-- Source material follows --

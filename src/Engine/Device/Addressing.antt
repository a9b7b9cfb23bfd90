-- ===== src/Engine/Device/Addressing.antt =====
-- engine/device.go: how a device is configured, where its requests go, and its life from Start to
-- Destroy. Reading and printing of a URI are sipgo's, and parameters; so is what the sockets come to.
pub mod Living
use xk6_sip.Common.{
  ℕ, suc, ◌+◌, ◌/◌, Bool, true, false, not, ◌&&◌, ◌||◌, Option, none, some, List, [], ◌∷◌, ◌++◌,
  if◌then◌else◌, ltb, leb, ◌==◌,
}
use xk6_sip.Common.Text.{Text, codes, is_empty, text_eq, has_prefix, cut, decimal}
use xk6_sip.Engine.Device.{Registration, Contact, Reply, register}

pub record Uri : Type 0 where
  pub scheme : Text
  pub user : Text
  pub host : Text
  pub port : ℕ  -- 0 if there is none

pub record Config : Type 0 where
  pub id : Text
  pub registrar : Text
  pub proxy : Text
  pub user : Text
  pub auth_user : Text
  pub expires : ℕ  -- in ns
  pub no_register : Bool

pub record Device : Type 0 where
  pub cfg : Config
  pub aor : Uri
  pub registrar_uri : Uri
  pub proxy_addr : Text
  pub auth_user : Text

pub data Made {ℓ} (A : Type ℓ) : Type ℓ where
  made : A → Made A
  no_registrar no_user bad_uri empty_target : Made A

abbrev pub or_text : Text → Text → Text
or_text [] t = t
or_text (c ∷ s) t = c ∷ s

unfoldable pub is_sip : Text → Bool
unfolding has_prefix
is_sip t = has_prefix t (codes "sip:") || has_prefix t (codes "sips:")

-- `net.JoinHostPort`: an IPv6 address is put into brackets.
unfoldable pub join_host_port : Text → ℕ → Text
unfolding cut decimal
join_host_port host port =
    (if (cut b':' host).2 then b'[' ∷ (host ++ b']' ∷ []) else host) ++ b':' ∷ decimal port

module _ (parse_uri : Text → Option Uri) (host_port : Uri → Text) where
  unfoldable pub device_of : Config → Uri → Device
  unfolding cut
  device_of cfg parsed =
      let reg : Uri = record parsed {
        user = [];
        port = if parsed.port == 0 then 5060 else parsed.port;
      } in
      let u = cut b'@' cfg.user in
      let domain = or_text (u.1) reg.host in
      record {
        cfg = record cfg {
          id = or_text cfg.id (u.0 ++ b'@' ∷ domain);
          expires = if cfg.expires == 0 then 300000000000 else cfg.expires;
        };
        aor = record { scheme = codes "sip"; user = u.0; host = domain; port = 0 };
        registrar_uri = reg;
        proxy_addr = or_text cfg.proxy (host_port reg);
        auth_user = or_text cfg.auth_user (u.0);
      }

  unfoldable pub device_at : Config → Option Uri → Made Device
  unfolding device_of
  device_at cfg none = bad_uri
  device_at cfg (some reg) = made (device_of cfg reg)

  unfoldable pub new_device : Config → Made Device
  unfolding is_sip device_at
  new_device cfg =
      if is_empty cfg.registrar
      then no_registrar
      else if is_empty cfg.user
      then no_user
      else device_at cfg (
          parse_uri (if is_sip cfg.registrar then cfg.registrar else codes "sip:" ++ cfg.registrar))

  abbrev pub made_uri : Option Uri → Made Uri
  made_uri none = bad_uri
  made_uri (some u) = made u

  unfoldable pub target_uri : Device → Text → Made Uri
  unfolding is_sip cut
  target_uri d target =
      let t = cut b'@' target in
      if is_empty target
      then empty_target
      else if is_sip target
      then made_uri (parse_uri target)
      else made
          (record { scheme = codes "sip"; user = t.0; host = or_text (t.1) d.aor.host; port = 0 })

unfoldable pub destination_for : Device → Uri → Text
unfolding join_host_port
destination_for d target =
    if not (is_empty d.cfg.proxy)
      || text_eq target.host d.aor.host
      || text_eq target.host d.registrar_uri.host
    then d.proxy_addr
    else join_host_port target.host (if target.port == 0 then 5060 else target.port)

-- A device between Start and Destroy: `has_socket` tells of its socket, `live` of the context that its
-- timers look at, and `hangups` counts the calls that Destroy hung up.
pub record Life : Type 0 where
  pub started : Bool
  pub has_socket : Bool
  pub live : Bool
  pub registration : Registration
  pub hangups : ℕ

-- What REGISTER comes to: whether the rate limiter lets it go, the answers, and the delays that
-- are drawn.
pub record Registrar : Type 0 where
  pub allowed : Bool
  pub reply : Reply
  pub retry_in : ℕ
  pub refresh_of : ℕ → ℕ

unfoldable pub limited_register : Registration → Contact → ℕ → Registrar → Registration × Bool
unfolding register
limited_register r ours expires net =
    if net.allowed
    then register r ours expires net.reply net.retry_in net.refresh_of
    else (r, false)

abbrev pub close : Life → Life
close l = record l { has_socket = false; live = false }

-- The socket is open; the CSeq begins anew.
unfoldable pub opened : Life → Life
opened l = record l {
  has_socket = true;
  live = true;
  registration = record l.registration { cseq = 0 };
}

abbrev pub seconds_of : ℕ → ℕ
seconds_of expires = expires / 1000000000

abbrev pub registered_start : Life → Registration × Bool → Life × Bool
registered_start l (r, false) = (close (record l { registration = r }), false)
registered_start l (r, true) = (record l { registration = r; started = true }, true)

-- `opens` tells whether the socket could be opened.
unfoldable pub start : Device → Contact → Life → Bool → Registrar → Life × Bool
unfolding opened limited_register
start d ours l opens net =
    if l.started
    then (l, true)
    else if not opens
    then (close l, false)
    else if d.cfg.no_register
    then (record (opened l) { started = true }, true)
    else registered_start (opened l)
        (limited_register (opened l).registration ours (seconds_of d.cfg.expires) net)

-- The timer of the refresh is stopped, and a registration is given up.
unfoldable pub unregister : Life → Contact → Registrar → Life
unfolding limited_register
unregister l ours net =
    let stopped : Registration = record l.registration { refresh_in = none } in
    if l.registration.registered
    then record l { registration = (limited_register stopped ours 0 net).0 }
    else record l { registration = stopped }

unfoldable pub destroy : Contact → Life → ℕ → Registrar → Life
unfolding unregister
destroy ours l calls net =
    if l.started
    then close (unregister (record l { started = false; hangups = l.hangups + calls }) ours net)
    else l

abbrev pub is_due : Option ℕ → Bool
is_due none = false
is_due (some n) = true

-- The timer of the refresh fires; it does nothing for a device that was closed.
unfoldable pub refresh : Device → Contact → Life → Registrar → Life
unfolding limited_register
refresh d ours l net =
    if l.live && is_due l.registration.refresh_in
    then record l {
      registration =
          (limited_register (record l.registration { refresh_in = none }) ours
            (seconds_of d.cfg.expires) net).0;
    }
    else l
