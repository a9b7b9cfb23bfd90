-- ===== src/Engine/Device/Addressing/Living.antt =====
-- A device over its whole life.
use xk6_sip.Common.{ℕ, ◌≡◌, refl, Bool, false, not, ◌&&◌, Option, none, List, [], ◌∷◌}
use xk6_sip.Engine.Device.{Registration, Contact, after_reply}
use xk6_sip.Engine.Device.Addressing.{Device, Life, Registrar, start, destroy, refresh}

pub data Operation : Type 0 where
  starts : Bool → Registrar → Operation
  destroys : ℕ → Registrar → Operation
  refreshes : Registrar → Operation

abbrev pub step : Device → Contact → Life → Operation → Life
step d ours l (starts opens net) = (start d ours l opens net).0
step d ours l (destroys calls net) = destroy ours l calls net
step d ours l (refreshes net) = refresh d ours l net

abbrev pub run : Device → Contact → Life → List Operation → Life
run d ours l [] = l
run d ours l (op ∷ ops) = run d ours (step d ours l op) ops

-- A socket is open, and timers have an effect, exactly while the device is started.
pub record IsLiving (l : Life) : Type 0 where
  pub socket : l.has_socket ≡ l.started
  pub timers : l.live ≡ l.started

-- What Destroy leaves of a device: no socket, no timer, and a registration only where the rate limiter
-- has kept the last REGISTER back.
pub record IsGone (l q : Life) (allowed : Bool) : Type 0 where
  pub down : q.started ≡ false
  pub closed : q.has_socket ≡ false
  pub silent : q.live ≡ false
  pub forgotten : q.registration.registered ≡ (l.registration.registered && not allowed)
  pub no_timer : q.registration.refresh_in ≡ none

after_reply-none :
    (r : Registration) (res : Option ℕ) (retry_in refresh_in : ℕ)
    → ((after_reply r 0 res retry_in refresh_in).0.registered ≡ false)
      × ((after_reply r 0 res retry_in refresh_in).0.refresh_in ≡ r.refresh_in)
unfolding after_reply
after_reply-none r res retry_in refresh_in = (refl, refl)
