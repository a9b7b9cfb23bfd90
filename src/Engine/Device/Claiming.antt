-- ===== src/Engine/Device/Claiming.antt =====
-- Which incoming call `ExpectCall` claims, and that it loses no other.
use xk6_sip.Common.{
  ◌≡◌, refl, ap, subst, sym, Bool, true, false, not, ◌&&◌, Option, none, some, List, [], ◌∷◌, ◌++◌,
  arith, if◌then◌else◌, Bool-cases, inl, inr,
}
use xk6_sip.Common.Text.{Text}
use xk6_sip.Engine.Device.{Incoming, claims, scan, numbers_match}

-- The calls that have not ended.
abbrev pub live : List Incoming → List Incoming
live [] = []
live (c ∷ cs) = if c.ended then live cs else c ∷ live cs

-- Whether no call of a list is one that the caller's number matches.
abbrev pub no_match : Text → List Incoming → Bool
no_match caller [] = true
no_match caller (c ∷ cs) = not (numbers_match caller c.remote) && no_match caller cs

-- The live calls are those before the claimed one, which do not match, it, and those behind it.
pub record IsFirst (caller : Text) (calls : List Incoming) (c : Incoming) (kept : List Incoming)
    : Type 0 where
  pub before : List Incoming
  pub after : List Incoming
  pub all : live calls ≡ before ++ c ∷ after
  pub rest : kept ≡ before ++ after
  pub matches : numbers_match caller c.remote ≡ true
  pub first : no_match caller before ≡ true

abbrev pub Claim : Text → List Incoming → Option Incoming × List Incoming → Type 0
Claim caller calls (none, kept) = (kept ≡ live calls) × (no_match caller (live calls) ≡ true)
Claim caller calls (some c, kept) = IsFirst caller calls c kept

scan-found :
    (caller : Text) (x : Incoming) (cs : List Incoming)
    → scan caller (some x) cs ≡ (some x, live cs)
unfolding scan claims
scan-found caller x [] = refl
scan-found caller x (c ∷ cs) = ground (arith, scan-found caller x cs)

-- One step of the loop before a call is found.
ended-Claim :
    (caller : Text) (c : Incoming) (cs : List Incoming) (r : Option Incoming × List Incoming)
    → c.ended ≡ true
    → Claim caller cs r
    → Claim caller (c ∷ cs) r
ended-Claim caller c cs (none, kept) e h = ground (arith, h)
ended-Claim caller c cs (some x, kept) e h = record {
  before = h.before;
  after = h.after;
  all = ground (arith, h.all);
  rest = h.rest;
  matches = h.matches;
  first = h.first;
}

kept-Claim :
    (caller : Text) (c : Incoming) (cs : List Incoming) (r : Option Incoming × List Incoming)
    → c.ended ≡ false
    → numbers_match caller c.remote ≡ false
    → Claim caller cs r
    → Claim caller (c ∷ cs) (r.0, c ∷ r.1)
kept-Claim caller c cs (none, kept) e m h = ground (arith, h)
kept-Claim caller c cs (some x, kept) e m h = record {
  before = c ∷ h.before;
  after = h.after;
  all = ground (arith, h.all);
  rest = ap (λ k. c ∷ k) h.rest;
  matches = h.matches;
  first = ground (arith, h.first);
}

claimed-Claim :
    (caller : Text) (c : Incoming) (cs : List Incoming)
    → c.ended ≡ false
    → numbers_match caller c.remote ≡ true
    → Claim caller (c ∷ cs) (some c, live cs)
claimed-Claim caller c cs e m = record {
  before = [];
  after = live cs;
  all = ground (arith, e);
  rest = refl;
  matches = m;
  first = refl;
}

-- What the loop does with the first call of the inbox.
scan-ended :
    (caller : Text) (c : Incoming) (cs : List Incoming)
    → c.ended ≡ true
    → scan caller none (c ∷ cs) ≡ scan caller none cs
unfolding scan claims
scan-ended caller c cs e = ground (arith, e)

scan-claimed :
    (caller : Text) (c : Incoming) (cs : List Incoming)
    → c.ended ≡ false
    → numbers_match caller c.remote ≡ true
    → scan caller none (c ∷ cs) ≡ (some c, live cs)
unfolding scan claims
scan-claimed caller c cs e m = ground (arith, e, m, scan-found caller c cs)

scan-kept :
    (caller : Text) (c : Incoming) (cs : List Incoming)
    → c.ended ≡ false
    → numbers_match caller c.remote ≡ false
    → scan caller none (c ∷ cs) ≡ ((scan caller none cs).0, c ∷ (scan caller none cs).1)
unfolding scan claims
scan-kept caller c cs e m = ground (arith, e, m)

-- `ExpectCall` claims the first call in its inbox that has not ended and whose caller matches, if
-- there is one; all other calls that have not ended stay in the inbox in their order, and the calls
-- that have ended leave it.
pub scan-Claim : (caller : Text) (cs : List Incoming) → Claim caller cs (scan caller none cs)
unfolding scan
scan-Claim caller [] = (refl, refl)
scan-Claim caller (c ∷ cs) = elim (Bool-cases c.ended) [
  | inl e ↦
      subst (Claim caller (c ∷ cs)) (sym (scan-ended caller c cs e))
        (ended-Claim caller c cs (scan caller none cs) e (scan-Claim caller cs))
  | inr e ↦ elim (Bool-cases (numbers_match caller c.remote)) [
    | inl m ↦
        subst (Claim caller (c ∷ cs)) (sym (scan-claimed caller c cs e m))
          (claimed-Claim caller c cs e m)
    | inr m ↦
        subst (Claim caller (c ∷ cs)) (sym (scan-kept caller c cs e m))
          (kept-Claim caller c cs (scan caller none cs) e m (scan-Claim caller cs))
  ]
]
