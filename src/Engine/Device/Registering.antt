-- ===== src/Engine/Device/Registering.antt =====
-- What a registration comes to.
use xk6_sip.Common.{ℕ, ◌≡◌, Bool, true, false, not, ◌&&◌, Option, none, some, ◌==◌, leb}
use xk6_sip.Engine.Device.{Registration}

abbrev pub at_least : ℕ → Option ℕ → Bool
at_least n none = false
at_least n (some m) = leb n m

-- The device counts as registered exactly if the REGISTER succeeded and was no unregistration; unless it
-- was one, a timer for the next REGISTER runs, of one second at least.
pub record IsDone (expires : ℕ) (r : Registration × Bool) : Type 0 where
  pub as_told : r.0.registered ≡ (not (expires == 0) && r.1)
  pub goes_on : (expires == 0) ≡ false → at_least 1000 r.0.refresh_in ≡ true
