-- ===== src/Engine/Device/Table.antt =====
-- The table of calls: what `findCall` says after `addCall` and `removeCall`.
use xk6_sip.Common.{ℕ, ◌≡◌, ◌&&◌, none, some, [], ◌∷◌, arith, if◌then◌else◌}
use xk6_sip.Common.Text.{Text, text_eq, text_eq→eq, text_eq_refl}
use xk6_sip.Engine.Device.{Calls, find_call, delete_call, add_call, remove_call, is_call}

find_call-delete_call :
    (cs : Calls) (id k : Text)
    → find_call (delete_call cs id) k ≡ (if text_eq id k then none else find_call cs k)
unfolding find_call delete_call
find_call-delete_call [] id k = ground arith
find_call-delete_call ((i, c) ∷ cs) id k = ground (
  arith,
  find_call-delete_call cs id k,
  text_eq→eq i id,
  text_eq→eq i k,
  text_eq→eq id k,
  text_eq_refl k,
)

-- `addCall` and `removeCall` of a call: the table finds an added call under its Call-ID and every other
-- one as before; removing a call takes it out of the table, and leaves the table as it is
-- for all other Call-IDs and where another call has taken its Call-ID over.
pub find_call-remove_call :
    (cs : Calls) (id k : Text) (c : ℕ)
    → (find_call (add_call cs id c) k ≡ (if text_eq id k then some c else find_call cs k))
      × (find_call (remove_call cs id c) k
          ≡ (if text_eq id k && is_call (find_call cs id) c then none else find_call cs k))
unfolding add_call remove_call find_call
find_call-remove_call cs id k c =
    (ground (arith, find_call-delete_call cs id k), ground (arith, find_call-delete_call cs id k))
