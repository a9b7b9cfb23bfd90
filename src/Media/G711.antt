-- ===== src/Media/G711.antt =====
-- media/g711.go: the μ-law and A-law tables of G.711.
pub mod Tables
pub mod Quantisation
use xk6_sip.Common.{
  ℕ, ◌+◌, ◌-◌, ◌*◌, ◌/◌, ◌%◌, ◌^◌, bit_and, bit_or, bit_xor, Bool, List, [], ◌∷◌, ltb, leb,
  if◌then◌else◌, ◌==◌,
}
use xk6_sip.Common.Int.{ℤ, pos, negsuc, abs, sub_ℕ, shr_ℤ, to_int16}

abbrev pub seg_u_end : List ℕ
seg_u_end = 0x3F ∷ 0x7F ∷ 0xFF ∷ 0x1FF ∷ 0x3FF ∷ 0x7FF ∷ 0xFFF ∷ 0x1FFF ∷ []

abbrev pub seg_a_end : List ℕ
seg_a_end = 0x1F ∷ 0x3F ∷ 0x7F ∷ 0xFF ∷ 0x1FF ∷ 0x3FF ∷ 0x7FF ∷ 0xFFF ∷ []

-- The loop over the eight ends; `i` counts the rounds. After the last one the result is 8.
segment_from : ℕ → ℕ → List ℕ → ℕ
segment_from i v [] = 8
segment_from i v (e ∷ es) = if leb v e then i else segment_from (i + 1) v es

pub segment : ℕ → List ℕ → ℕ
unfolding segment_from
segment v ends = segment_from 0 v ends

abbrev is_negative : ℤ → Bool
is_negative (pos n) = Bool.false
is_negative (negsuc n) = Bool.true

-- The part of `UlawEncode` behind the test for the sign.
pub ulaw_encode_size : ℕ → ℕ → ℕ
unfolding segment
ulaw_encode_size size mask =
    let v = (if ltb 8159 size then 8159 else size) + 33 in
    let seg = segment v seg_u_end in
    if leb 8 seg
    then bit_xor 0x7F mask % 256
    else bit_xor (bit_or (seg * 16) (bit_and (v / 2 ^ (seg + 1)) 0x0F)) mask % 256

pub ulaw_encode : ℤ → ℕ
unfolding ulaw_encode_size
ulaw_encode sample =
    let v = shr_ℤ sample 2 in
    if is_negative v then ulaw_encode_size (abs v) 0x7F else ulaw_encode_size (abs v) 0xFF

pub ulaw_decode : ℕ → ℤ
ulaw_decode u =
    let w = bit_xor u 0xFF in
    let t = (bit_and w 0x0F * 8 + 0x84) * 2 ^ (bit_and w 0x70 / 16) in
    if bit_and w 0x80 == 0 then to_int16 (sub_ℕ t 0x84) else to_int16 (sub_ℕ 0x84 t)

-- The part of `AlawEncode` behind the test for the sign.
pub alaw_encode_size : ℕ → ℕ → ℕ
unfolding segment
alaw_encode_size v mask =
    let seg = segment v seg_a_end in
    if leb 8 seg
    then bit_xor 0x7F mask % 256
    else (let low = if ltb seg 2 then bit_and (v / 2) 0x0F else bit_and (v / 2 ^ seg) 0x0F in
        bit_xor (bit_or (seg * 16) low) mask % 256)

-- `-v - 1` is `abs v - 1` for a negative `v`.
pub alaw_encode : ℤ → ℕ
unfolding alaw_encode_size
alaw_encode sample =
    let v = shr_ℤ sample 3 in
    if is_negative v then alaw_encode_size (abs v - 1) 0x55 else alaw_encode_size (abs v) 0xD5

alaw_size : ℕ → ℕ → ℕ
alaw_size low seg =
    if seg == 0 then low + 8 else if seg == 1 then low + 0x108 else (low + 0x108) * 2 ^ (seg - 1)

pub alaw_decode : ℕ → ℤ
unfolding alaw_size
alaw_decode a =
    let w = bit_xor a 0x55 in
    let t = alaw_size (bit_and w 0x0F * 16) (bit_and w 0x70 / 16) in
    if bit_and w 0x80 == 0 then to_int16 (sub_ℕ 0 t) else to_int16 (pos t)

-- Source material concluded --

**Work to complete**
Word for word, restate the lines of the listing above starting at the line with "subst (Claim caller (c ∷ cs)) (sym (scan-claimed" and ending at the line with "-- was one, a", and nothing outside them.

**Completed task**
        subst (Claim caller (c ∷ cs)) (sym (scan-claimed caller c cs e m))
          (claimed-Claim caller c cs e m)
    | inr m ↦
        subst (Claim caller (c ∷ cs)) (sym (scan-kept caller c cs e m))
          (kept-Claim caller c cs (scan caller none cs) e m (scan-Claim caller cs))
  ]
]
filename src/Engine/Device/Registering.antt
-- ===== src/Engine/Device/Registering.antt =====
-- What a registration comes to.
use xk6_sip.Common.{ℕ, ◌≡◌, Bool, true, false, not, ◌&&◌, Option, none, some, ◌==◌, leb}
use xk6_sip.Engine.Device.{Registration}

abbrev pub at_least : ℕ → Option ℕ → Bool
at_least n none = false
at_least n (some m) = leb n m

-- The device counts as registered exactly if the REGISTER succeeded and was no unregistration; unless it
-- was one, a timer for the next REGISTER runs, of one second at least.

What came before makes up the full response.